Fakt ist jedoch, ob Booking, Expedia oder Trip.com, der Anteil des Direktbuchungsumsatzes ist gesunken, während der OTA-Umsatz gestiegen ist. Diese Verschiebung deutet auf eine zunehmende Abhängigkeit von OTAs hin, die in der Regel hohe Provisionssätze verlangen. Ein Hauptgrund für die wachsende Bedeutung der OTAs sind die jüngsten Änderungen an den Google-Suchergebnissen für Hotels, welche dazu geführt haben, dass die organischen Ergebnisse weiter nach unten gerutscht und dadurch weniger sichtbar sind. Ist somit bislang nicht an eine Unabhängigkeit von Booking.com & Co. zu denken?
Durch den Wegfall der Bestpreisklauseln werden faire Wettbewerbsbedingungen zwischen OTAs und den Direktbuchungskanälen der Hotels geschaffen. Dadurch können Hotels zumindest verstärkt auf Direktbuchungen setzen und damit ihre Abhängigkeit von Drittanbieter-Plattformen reduzieren und einen größeren Anteil ihrer Einnahmen direkt erzielen.
Jedoch benötigen Hotels dafür eine klare Strategie: Zunächst gilt es, alle relevanten Kennzahlen wie Website-Traffic, Buchungsumsatz, Vertriebsmix und Akquisitionskosten gründlich zu analysieren, um fundierte Entscheidungen für den besten Vertriebskanal treffen zu können.

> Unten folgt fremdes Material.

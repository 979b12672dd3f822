-- ===== src/Crypto/Sha256/Blocks.antt =====
-- crates/sutegi-crypto/src/lib.rs: the blocks of a message, taken in pieces.
use sutegi.Base.{
  ℕ, zero, suc, ◌+◌, ◌-◌, ◌%◌, ◌^◌, ◌≡◌, ◌≤◌, ◌<◌, refl, sym, ap, ◌∙◌, arith, min, Bool, true,
  false, [], ◌∷◌, ◌++◌, Bytes, ltb, if◌then◌else◌, length, length-append, length-take, length-drop,
  append_assoc, take, drop, take-append_of_le, take-append-drop, if_rule, ltb→lt,
}
use sutegi.Crypto.Sha256.{Words, sha256_compress, whole_blocks, Sha256, absorb, update}

drop-append : (n : ℕ) (a b : Bytes) → n ≤ length a → drop n (a ++ b) ≡ drop n a ++ b
drop-append zero a b h = refl
drop-append (suc n) [] b h = absurd (omega arith)
drop-append (suc n) (x ∷ a) b h = drop-append n a b (omega arith)

take_all : (n : ℕ) (a : Bytes) → length a ≤ n → take n a ≡ a
take_all zero [] h = refl
take_all zero (x ∷ a) h = absurd (omega arith)
take_all (suc n) [] h = refl
take_all (suc n) (x ∷ a) h = ap (λ r. x ∷ r) (take_all n a (omega arith))

drop_all : (n : ℕ) (a : Bytes) → length a ≤ n → drop n a ≡ []
drop_all zero [] h = refl
drop_all zero (x ∷ a) h = absurd (omega arith)
drop_all (suc n) [] h = refl
drop_all (suc n) (x ∷ a) h = drop_all n a (omega arith)

not_short : (a b : ℕ) → a < b → ltb a b ≡ false → ⊥
not_short a b h e = ground arith

not_whole : (a b : ℕ) → b ≤ a → ltb a b ≡ true → ⊥
not_whole a b h e = ground arith

-- The blocks of a whole message, and the rest.
abbrev pub consume : Words → Bytes → Words × Bytes
consume h m = whole_blocks (length m) h m

whole_blocks_fuel :
    (f g : ℕ) (h : Words) (m : Bytes)
    → length m ≤ f
    → length m ≤ g
    → whole_blocks f h m ≡ whole_blocks g h m
unfolding whole_blocks
whole_blocks_fuel zero zero h m p q = refl
whole_blocks_fuel zero (suc g) h m p q = ground arith
whole_blocks_fuel (suc f) zero h m p q = ground arith
whole_blocks_fuel (suc f) (suc g) h m p q =
    if_rule
      (λ t.
        (if ltb (length m) 64
          then (h, m)
          else whole_blocks f (sha256_compress h (take 64 m)) (drop 64 m))
        ≡ t)
      (ltb (length m) 64) _ _ (λ e. rw e refl)
      (λ e. rw e (
        whole_blocks_fuel f g _ (drop 64 m) (omega (arith, length-drop 64 m))
          (omega (arith, length-drop 64 m))))

pub consume_short : (h : Words) (m : Bytes) → length m < 64 → consume h m ≡ (h, m)
unfolding whole_blocks
consume_short h [] p = refl
consume_short h (x ∷ m) p =
    if_rule (λ t. t ≡ (h, x ∷ m)) (ltb (suc (length m)) 64) _ _ (λ _. refl)
      (λ e. absurd (not_short (suc (length m)) 64 p e))

pub consume_step :
    (h : Words) (m : Bytes)
    → 64 ≤ length m
    → consume h m ≡ consume (sha256_compress h (take 64 m)) (drop 64 m)
unfolding whole_blocks
consume_step h [] p = absurd (omega arith)
consume_step h (x ∷ m) p =
    if_rule (λ t. t ≡ consume (sha256_compress h (take 64 (x ∷ m))) (drop 64 (x ∷ m)))
      (ltb (suc (length m)) 64) _ _ (λ e. absurd (not_whole (suc (length m)) 64 p e))
      (λ e.
        whole_blocks_fuel (length m) (length (drop 64 (x ∷ m)))
          (sha256_compress h (take 64 (x ∷ m))) (drop 64 (x ∷ m))
          (omega (arith, length-drop 64 (x ∷ m))) (omega arith))

consume-append-fuel :
    (fuel : ℕ) (h : Words) (a b : Bytes)
    → length a ≤ fuel
    → consume h (a ++ b) ≡ consume ((consume h a).0) ((consume h a).1 ++ b)
consume-append-fuel zero h [] b p = unfold whole_blocks in refl
consume-append-fuel zero h (x ∷ a) b p = absurd (omega arith)
consume-append-fuel (suc fuel) h a b p =
    if_rule (λ (t : Bool). consume h (a ++ b) ≡ consume ((consume h a).0) ((consume h a).1 ++ b))
      (ltb (length a) 64) true false (λ short. rw (consume_short h a (ltb→lt _ _ short)) refl)
      (λ whole.
        let big : 64 ≤ length a = ground arith in
        let h' : Words = sha256_compress h (take 64 a) in
        let front : _ = take-append_of_le 64 a b big in
        let back : _ = drop-append 64 a b big in
        consume_step h (a ++ b) (omega (arith, length-append a b))
        ∙ ap (λ t. consume (sha256_compress h t) (drop 64 (a ++ b))) front
        ∙ ap (λ t. consume h' t) back
        ∙ consume-append-fuel fuel h' (drop 64 a) b (omega (arith, length-drop 64 a))
        ∙ ap (λ r. consume r.0 (r.1 ++ b)) (sym (consume_step h a big)))

-- The blocks of a message in two pieces are those of the first piece, and then of its rest with the second.
pub consume-append :
    (h : Words) (a b : Bytes)
    → consume h (a ++ b) ≡ consume ((consume h a).0) ((consume h a).1 ++ b)
consume-append h a b = consume-append-fuel (length a) h a b (omega arith)

consume-length-fuel :
    (fuel : ℕ) (h : Words) (a : Bytes) → length a ≤ fuel → length ((consume h a).1) ≡ length a % 64
consume-length-fuel zero h [] p = unfold whole_blocks in refl
consume-length-fuel zero h (x ∷ a) p = absurd (omega arith)
consume-length-fuel (suc fuel) h a p =
    if_rule (λ (t : Bool). length ((consume h a).1) ≡ length a % 64) (ltb (length a) 64) true false
      (λ short. rw (consume_short h a (ltb→lt _ _ short)) (ground arith))
      (λ whole.
        let big : 64 ≤ length a = ground arith in
        ap (λ r. length r.1) (consume_step h a big)
        ∙ consume-length-fuel fuel (sha256_compress h (take 64 a)) (drop 64 a)
            (omega (arith, length-drop 64 a))
        ∙ omega (arith, length-drop 64 a))

pub consume-length : (h : Words) (a : Bytes) → length ((consume h a).1) ≡ length a % 64
consume-length h a = consume-length-fuel (length a) h a (omega arith)

pub consume_block :
    (h : Words) (block rest : Bytes)
    → length block ≡ 64
    → consume h (block ++ rest) ≡ consume (sha256_compress h block) rest
consume_block h block rest e =
    let front : take 64 (block ++ rest) ≡ block =
      take-append_of_le 64 block rest (omega arith) ∙ take_all 64 block (omega arith) in
    let back : drop 64 (block ++ rest) ≡ rest =
      drop-append 64 block rest (omega arith)
      ∙ ap (λ t. t ++ rest) (drop_all 64 block (omega arith)) in
    consume_step h (block ++ rest) (omega (arith, length-append block rest))
    ∙ ap (λ t. consume (sha256_compress h t) (drop 64 (block ++ rest))) front
    ∙ ap (λ t. consume (sha256_compress h block) t) back

absorb_block :
    (h : Words) (block rest : Bytes) (total : ℕ)
    → length block ≡ 64
    → absorb h (block ++ rest) total ≡ absorb (sha256_compress h block) rest total
unfolding absorb
absorb_block h block rest total e =
    ap (λ r. record { h = r.0; buf = r.1; total_len = total }) (consume_block h block rest e)

absorb_short :
    (h : Words) (m : Bytes) (total : ℕ)
    → length m < 64
    → absorb h m total ≡ record { h = h; buf = m; total_len = total }
unfolding absorb
absorb_short h m total p =
    ap (λ r. record { h = r.0; buf = r.1; total_len = total }) (consume_short h m p)

no_room : (b d f : ℕ) → f ≡ b + min (min (64 - b) d) d → ltb f 64 ≡ true → d ≤ min (64 - b) d
no_room b d f e h = let short : f < 64 = ltb→lt f 64 h in omega arith

no_rest : (b d f : ℕ) → b < 64 → f ≡ b + min (min (64 - b) d) d → ltb f 64 ≡ false → f ≡ 64
no_rest b d f p e h = ground arith

empty_of_length : (b : Bytes) → ltb 0 (length b) ≡ false → b ≡ []
empty_of_length [] h = refl
empty_of_length (x ∷ b) h = absurd (let no : ⊥ = ground arith in no)

-- The hasher takes the pending bytes and the new ones as one message.
pub update_lem :
    (d : Bytes) (s : Sha256)
    → length s.buf < 64
    → update d s ≡ absorb s.h (s.buf ++ d) ((s.total_len + length d) % 2 ^ 64)
unfolding update
update_lem d s p =
    let total : ℕ = (s.total_len + length d) % 2 ^ 64 in
    let target : Sha256 = absorb s.h (s.buf ++ d) total in
    let n : ℕ = min (64 - length s.buf) (length d) in
    let filled : Bytes = s.buf ++ take n d in
    let size : length filled ≡ length s.buf + min n (length d) =
      length-append s.buf (take n d) ∙ ap (λ k. length s.buf + k) (length-take n d) in
    let whole : filled ++ drop n d ≡ s.buf ++ d =
      append_assoc s.buf (take n d) (drop n d) ∙ ap (λ t. s.buf ++ t) (take-append-drop n d) in
    if_rule (λ t. t ≡ target) (ltb 0 (length s.buf)) _ _
      (λ pending.
        if_rule (λ t. t ≡ target) (ltb (length filled) 64) _ _
          (λ short.
            let all_of_it : take n d ≡ d =
              take_all n d (no_room (length s.buf) (length d) (length filled) size short) in
            sym (
              ap (λ t. absorb s.h (s.buf ++ t) total) (sym all_of_it)
              ∙ absorb_short s.h filled _ (ltb→lt _ _ short)))
          (λ full. sym (
            ap (λ t. absorb s.h t total) (sym whole)
            ∙ absorb_block s.h filled (drop n d) _
                (no_rest (length s.buf) (length d) (length filled) p size full))))
      (λ fresh. ap (λ t. absorb s.h (t ++ d) total) (sym (empty_of_length s.buf fresh)))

Investitionen in bezahlte Werbung, insbesondere für den Hotelnamen, sind wichtiger denn je, um die Sichtbarkeit bei Suchanfragen zu steigern und qualifizierte Besucher anzuziehen. Vor allem für kleinere Betriebe sind fachkundige Partner unverzichtbar, die wertvolle Einblicke liefern und bei der Optimierung von SEO- und Marketingstrategien unterstützen, um effektiv auf das dynamische Online-Wettbewerbsumfeld reagieren zu können.
Abschließend lässt sich sagen, Booking.com bleibt weiterhin die wichtigste OTA, doch ein wachsender Wettbewerb und neue rechtliche Regelungen stärken die Position der Hotellerie. In einer zunehmend digitalen Welt sollten Hoteliers diese Chancen nutzen, um ihre Vertriebsstrategien gründlich zu analysieren und langfristig mehr Kontrolle über Preisgestaltung und Vertriebskanäle zurückzugewinnen. Das bedeutet nicht, Booking.com & Co. komplett den Rücken zu kehren. Gerade Privathotels, die nicht über das nötige Marketinggerüst für eine eigenständige internationale Positionierung verfügen, profitieren von der Reichweite einer OTA. Dennoch ist es entscheidend, die Abhängigkeit von einer einzigen Plattform zu vermeiden und die eigenen Vertriebskanäle flexibel auf die Geschäftsziele auszurichten.